1. Basic Views on the Internal Control System and the Progress of System Development

(1) Systems to Ensure that Directors and Employees Perform Their Duties in Accordance with Laws and

Regulations and the Articles of Incorporation and Other Systems to Ensure Appropriate Business

Operations

1) Corporate Governance a) The Company is a company with audit and supervisory committee. The purpose is to strengthen the Board

of Directors’ functions for overseeing business execution and to ensure appropriateness and transparency of

the decision-making process through outside directors’ involvement in management. The Board of Directors

shall determine important matters in accordance with laws and regulations, the Articles of Incorporation,

Board of Directors’ Regulations and other internal rules and oversee directors’ execution of duties.
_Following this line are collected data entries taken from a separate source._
-- ===== src/Client/FilePath/Confinement.antt =====
-- An offered name that is let through leads nowhere but below the directory.
use cloud_node.Base.{
  if◌then◌else◌, Bool-cases, All, ◌==◌, ==_iff, nat_ord, Text, text_ord, pair_ord, ◌≡◌, refl, sym,
  ap, ◌∙◌, subst, ◌≢◌, ◌⊎◌, inl, inr, Bool, true, false, not, ◌&&◌, ◌||◌, some, List, [], ◌∷◌, ◌++◌,
  arith,
}
use mathlib.Core.List.{reverse, reverse-cons}
use cloud_node.Client.Specs.{split, is_empty, cons_head}
use cloud_node.Client.Specs.Laws.{lacks}
use cloud_node.Client.FilePath.{
  dot, dot_dot, filenames, push, resolve, or_dot, normal, leaves_open, ended, first_is, no_names,
  offered_name,
}

-- A name of a file or directory in the directory above it.
abbrev pub IsName : Text → Type 0
IsName name = (is_empty name ≡ false) × (lacks b'/' name ≡ true)

abbrev Dots : List Text → Type 0
Dots = All (λ name. (name == dot_dot) ≡ true)

-- Below a `..` there are only such.
abbrev Settled : List Text → Type 0
Settled [] = Unit {0}
Settled (top ∷ below) =
    ((top == dot) ≡ false) × (((top == dot_dot) ≡ false) ⊎ Dots below) × Settled below

split_plain : (t : Text) → All (λ part. lacks b'/' part ≡ true) (split b'/' t)
unfolding split
split_plain [] = (refl, tt)
split_plain (c ∷ t) = cons_plain (split b'/' t) (split_plain t)
  where
    cons_plain :
        (parts : List Text)
        → All (λ part. lacks b'/' part ≡ true) parts
        → All (λ part. lacks b'/' part ≡ true) (if c == b'/' then [] ∷ parts else cons_head c parts)
    cons_plain [] a = elim (Bool-cases (c == b'/')) [
      | inl e ↦ rw e (refl, tt)
      | inr e ↦ rw e (ground (arith, e), tt)
    ]
    cons_plain (part ∷ parts) a = elim (Bool-cases (c == b'/')) [
      | inl e ↦ rw e (refl, a)
      | inr e ↦ rw e (ground (arith, e, a.0), a.1)
    ]

filenames-IsName :
    (parts : List Text) → All (λ part. lacks b'/' part ≡ true) parts → All IsName (filenames parts)
unfolding filenames
filenames-IsName [] a = tt
filenames-IsName (part ∷ parts) a = elim (Bool-cases (is_empty part)) [
  | inl e ↦ rw (e, filenames) (filenames-IsName parts a.1)
  | inr e ↦ rw (e, filenames) ((e, a.0), filenames-IsName parts a.1)
]

-- A stack of names, as `resolve` keeps it.
abbrev Stack : List Text → Type 0
Stack stack = Settled stack × All IsName stack

push-Stack :
    (name : Text) (stack : List Text)
    → (name == dot) ≡ false
    → IsName name
    → Stack stack
    → Stack (push name stack)
push-Stack name [] n i s = ((n, inr tt, tt), (i, tt))
push-Stack name (top ∷ below) n i ((d, k, r), (j, a)) = elim (Bool-cases (name == dot_dot)) [
  | inr e ↦ rw e ((n, inl e, (d, k, r)), (i, (j, a)))
  | inl e ↦ elim k [
    | inl t ↦ rw (e, t) (r, a)
    | inr dots ↦ elim (Bool-cases (top == dot_dot)) [
      | inr t ↦ rw (e, t) (r, a)
      | inl t ↦ rw (e, t) ((n, inr (t, dots), (d, inr dots, r)), (i, (j, a)))
    ]
  ]
]

resolve-Stack :
    (stack names : List Text) → All IsName names → Stack stack → Stack (resolve stack names)
unfolding resolve
resolve-Stack stack [] a s = s
resolve-Stack stack (name ∷ names) a s = elim (Bool-cases (name == dot)) [
  | inl e ↦ rw (e, resolve) (resolve-Stack stack names a.1 s)
  | inr e ↦
      rw (e, resolve) (resolve-Stack (push name stack) names a.1 (push-Stack name stack e a.0 s))
]

All-append {ℓ} : (P : Text → Type ℓ) (xs ys : List Text) → All P xs → All P ys → All P (xs ++ ys)
All-append P [] ys a b = b
All-append P (x ∷ xs) ys a b = (a.0, All-append P xs ys a.1 b)

All-reverse {ℓ} : (P : Text → Type ℓ) (xs : List Text) → All P xs → All P (reverse xs)
All-reverse P [] a = tt
All-reverse P (x ∷ xs) a =
    rw reverse-cons (All-append P (reverse xs) (x ∷ []) (All-reverse P xs a.1) (a.0, tt))

-- The last name of the stack is the first of the path.
abbrev bottom_is : Text → List Text → Bool
bottom_is k [] = false
bottom_is k (name ∷ []) = name == k
bottom_is k (top ∷ name ∷ below) = bottom_is k (name ∷ below)

first_is-snoc :
    (k x y : Text) (xs : List Text)
    → first_is k ((xs ++ y ∷ []) ++ x ∷ []) ≡ first_is k (xs ++ y ∷ [])
first_is-snoc k x y [] = refl
first_is-snoc k x y (z ∷ xs) = refl

first_is-reverse : (k : Text) (xs : List Text) → first_is k (reverse xs) ≡ bottom_is k xs
first_is-reverse k [] = refl
first_is-reverse k (x ∷ []) = refl
first_is-reverse k (x ∷ y ∷ xs) =
    rw (reverse-cons x (y ∷ xs), reverse-cons y xs)
      (first_is-snoc k x y (reverse xs)
        ∙ ap (first_is k) (sym (reverse-cons y xs))
        ∙ first_is-reverse k (y ∷ xs))

abbrev NotDotDot : Text → Type 0
NotDotDot name = (name == dot_dot) ≡ false

Dots-bottom : (x : Text) (xs : List Text) → Dots (x ∷ xs) → bottom_is dot_dot (x ∷ xs) ≡ true
Dots-bottom x [] d = d.0
Dots-bottom x (y ∷ xs) d = Dots-bottom y xs d.1

no_dot_dot :
    (stack : List Text) → Settled stack → bottom_is dot_dot stack ≡ false → All NotDotDot stack
no_dot_dot [] s b = tt
no_dot_dot (x ∷ []) s b = (b, tt)
no_dot_dot (x ∷ y ∷ below) s b = elim s.1 [
  | inl t ↦ (t, no_dot_dot (y ∷ below) s.2 b)
  | inr d ↦ absurd (ground (arith, b, Dots-bottom y below d))
]

abbrev NotDot : Text → Type 0
NotDot name = (name == dot) ≡ false

no_dot : (stack : List Text) → Settled stack → All NotDot stack
no_dot [] s = tt
no_dot (x ∷ below) s = (s.0, no_dot below s.2)

-- A name of something in the directory above it: it is no `..` and no `.`, is not empty and has no slash.
abbrev pub IsBelow : Text → Type 0
IsBelow name = (name ≢ dot_dot) × (name ≢ dot) × (is_empty name ≡ false) × (lacks b'/' name ≡ true)

IsBelow-of :
    (names : List Text)
    → All NotDotDot names
    → All NotDot names
    → All IsName names
    → All IsBelow names
IsBelow-of [] a d b = tt
IsBelow-of (name ∷ names) (n, a) (m, d) ((e, l), b) = (
  (
    λ h. ground (arith, h, n, ==_iff name dot_dot),
    λ h. ground (arith, h, m, ==_iff name dot),
    e,
    l,
  ),
  IsBelow-of names a d b,
)

-- The names of the directory itself, or of a path below it, whose last name is empty if it ends in a
-- separator.
abbrev pub IsConfined : List Text → Type 0
IsConfined names =
    (names ≡ dot ∷ [])
    ⊎ ((stem : List Text) × All IsBelow stem
        × (no_names stem ≡ false)
        × ((names ≡ stem) ⊎ (names ≡ stem ++ [] ∷ [])))

or_dot-snoc : (xs : List Text) (x : Text) → or_dot (xs ++ x ∷ []) ≡ xs ++ x ∷ []
or_dot-snoc [] x = refl
or_dot-snoc (y ∷ xs) x = refl

or_dot-reverse : (x : Text) (xs : List Text) → or_dot (reverse (x ∷ xs)) ≡ reverse (x ∷ xs)
or_dot-reverse x xs = rw (reverse-cons x xs) (or_dot-snoc (reverse xs) x)

no_names-snoc : (xs : List Text) (x : Text) → no_names (xs ++ x ∷ []) ≡ false
no_names-snoc [] x = refl
no_names-snoc (y ∷ xs) x = refl

no_names-reverse : (x : Text) (xs : List Text) → no_names (reverse (x ∷ xs)) ≡ false
no_names-reverse x xs = rw (reverse-cons x xs) (no_names-snoc (reverse xs) x)

-- A stack of names that does not begin with `..`, read from its bottom
Stack-IsBelow :
    (stack : List Text)
    → Stack stack
    → bottom_is dot_dot stack ≡ false
    → All IsBelow (reverse stack)
Stack-IsBelow stack (s, a) low =
    IsBelow-of (reverse stack) (All-reverse NotDotDot stack (no_dot_dot stack s low))
      (All-reverse NotDot stack (no_dot stack s)) (All-reverse IsName stack a)

or_dot-IsConfined :
    (is_open : Bool) (stack : List Text)
    → Stack stack
    → first_is dot_dot (or_dot (reverse (ended is_open stack))) ≡ false
    → IsConfined (or_dot (reverse (ended is_open stack)))
or_dot-IsConfined is_open [] s h = inl refl
or_dot-IsConfined is_open (top ∷ below) s h = elim (Bool-cases (is_open && not (top == dot_dot))) [
  | inl e ↦
      let names : or_dot (reverse (ended is_open (top ∷ below)))
          ≡ reverse (top ∷ below) ++ [] ∷ [] =
        rw e (or_dot-reverse [] (top ∷ below) ∙ reverse-cons [] (top ∷ below)) in
      let low : bottom_is dot_dot (top ∷ below) ≡ false =
        sym (first_is-reverse dot_dot ([] ∷ top ∷ below))
        ∙ (sym (ap (first_is dot_dot) (rw e (or_dot-reverse [] (top ∷ below)))) ∙ h) in
      inr (
        reverse (top ∷ below),
        Stack-IsBelow (top ∷ below) s low,
        no_names-reverse top below,
        inr names,
      )
  | inr e ↦
      let names : or_dot (reverse (ended is_open (top ∷ below))) ≡ reverse (top ∷ below) =
        rw e (or_dot-reverse top below) in
      let low : bottom_is dot_dot (top ∷ below) ≡ false =
        sym (first_is-reverse dot_dot (top ∷ below)) ∙ (sym (ap (first_is dot_dot) names) ∙ h) in
      inr (
        reverse (top ∷ below),
        Stack-IsBelow (top ∷ below) s low,
        no_names-reverse top below,
        inl names,
      )
]

normal-IsConfined :
    (t : Text)
    → no_names (normal t) ≡ false
    → first_is dot_dot (normal t) ≡ false
    → IsConfined (normal t)
unfolding normal
normal-IsConfined t =
    by_parts (filenames (split b'/' t)) (filenames-IsName (split b'/' t) (split_plain t))
  where
    by_parts :
        (parts : List Text)
        → All IsName parts
        → let names : List Text = elim parts [
          | [] ↦ []
          | name ∷ names ↦
              or_dot (reverse (ended (leaves_open (split b'/' t)) (resolve [] (name ∷ names))))
        ] in
          no_names names ≡ false → first_is dot_dot names ≡ false → IsConfined names
    by_parts [] a n h = absurd (ground (arith, n))
    by_parts (name ∷ names) a n h =
        or_dot-IsConfined (leaves_open (split b'/' t)) (resolve [] (name ∷ names))
          (resolve-Stack [] (name ∷ names) a (tt, tt)) h

-- Whatever the sender writes as the name of a file, if it is not refused then it is the directory itself,
-- written as `.`, or a path below it: each part of that is a plain name, no `..`, no `.`, not empty and
-- without a slash, but for an empty last one where the path ends in a separator.
pub offered_name-IsBelow :
    (t : Text) (names : List Text) → offered_name t ≡ some names → IsConfined names
unfolding offered_name
offered_name-IsBelow t names h =
    elim (Bool-cases (no_names (normal t) || first_is dot_dot (normal t))) [
      | inl e ↦ absurd (ground (arith, e, h))
      | inr e ↦
          let same : normal t ≡ names = ground (arith, e, h) in
          subst IsConfined same (normal-IsConfined t (ground (arith, e)) (ground (arith, e)))
    ]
b) Directors perform their duties based on the roles determined by the Board of Directors and in accordance

with laws and regulations, the Articles of Incorporation, resolutions of the Board of Directors, and internal

rules.

c) The Company has adopted the executive officer system to separate management decision-making and

oversight from business execution and to strengthen the Board of Directors’ oversight function, enhance

efficiency of operations of organizations responsible for business execution, and accelerate decision-making.

Based on the decisions made by the Board of Directors and entrusted by the Board of Directors and the

representative director, executive officers perform their duties and execute business for which they are

responsible.

d) The Company has established the Decision-making Rules shared throughout the Group and operates business

in accordance with the Decision-making Rules to ensure appropriateness of business operations. The

decision-making process is designed in a manner to enhance efficiency of organizational operation and to

accelerate decision-making, such as by Group-wide authorization and proposals.

2) Compliance

a) The Company’s mission statement says “We strive to pursue proper corporate management principles which

combine corporate growth, associate well-being and the fulfillment of our social responsibilities.” This is an

integral part of the Company’s management policy.

b) The Company has created a booklet titled The Unicharm Way, which contains the Unicharm Group’s Action

Guidelines etc. to guide directors and employees in their efforts to maintain high ethical standards and

comply with laws and regulations and the Articles of Incorporation. The Unicharm Way is the basis of the

Company’s compliance system.

c) The Company strives to enhance employees’ awareness of corporate ethics and inculcate the principles

articulated in The Unicharm Way by having the President & CEO and executive officers continue to

disseminate them among the associates all over the world. In this way, the Company emphasizes that

ensuring compliance is a prerequisite for any corporate activities.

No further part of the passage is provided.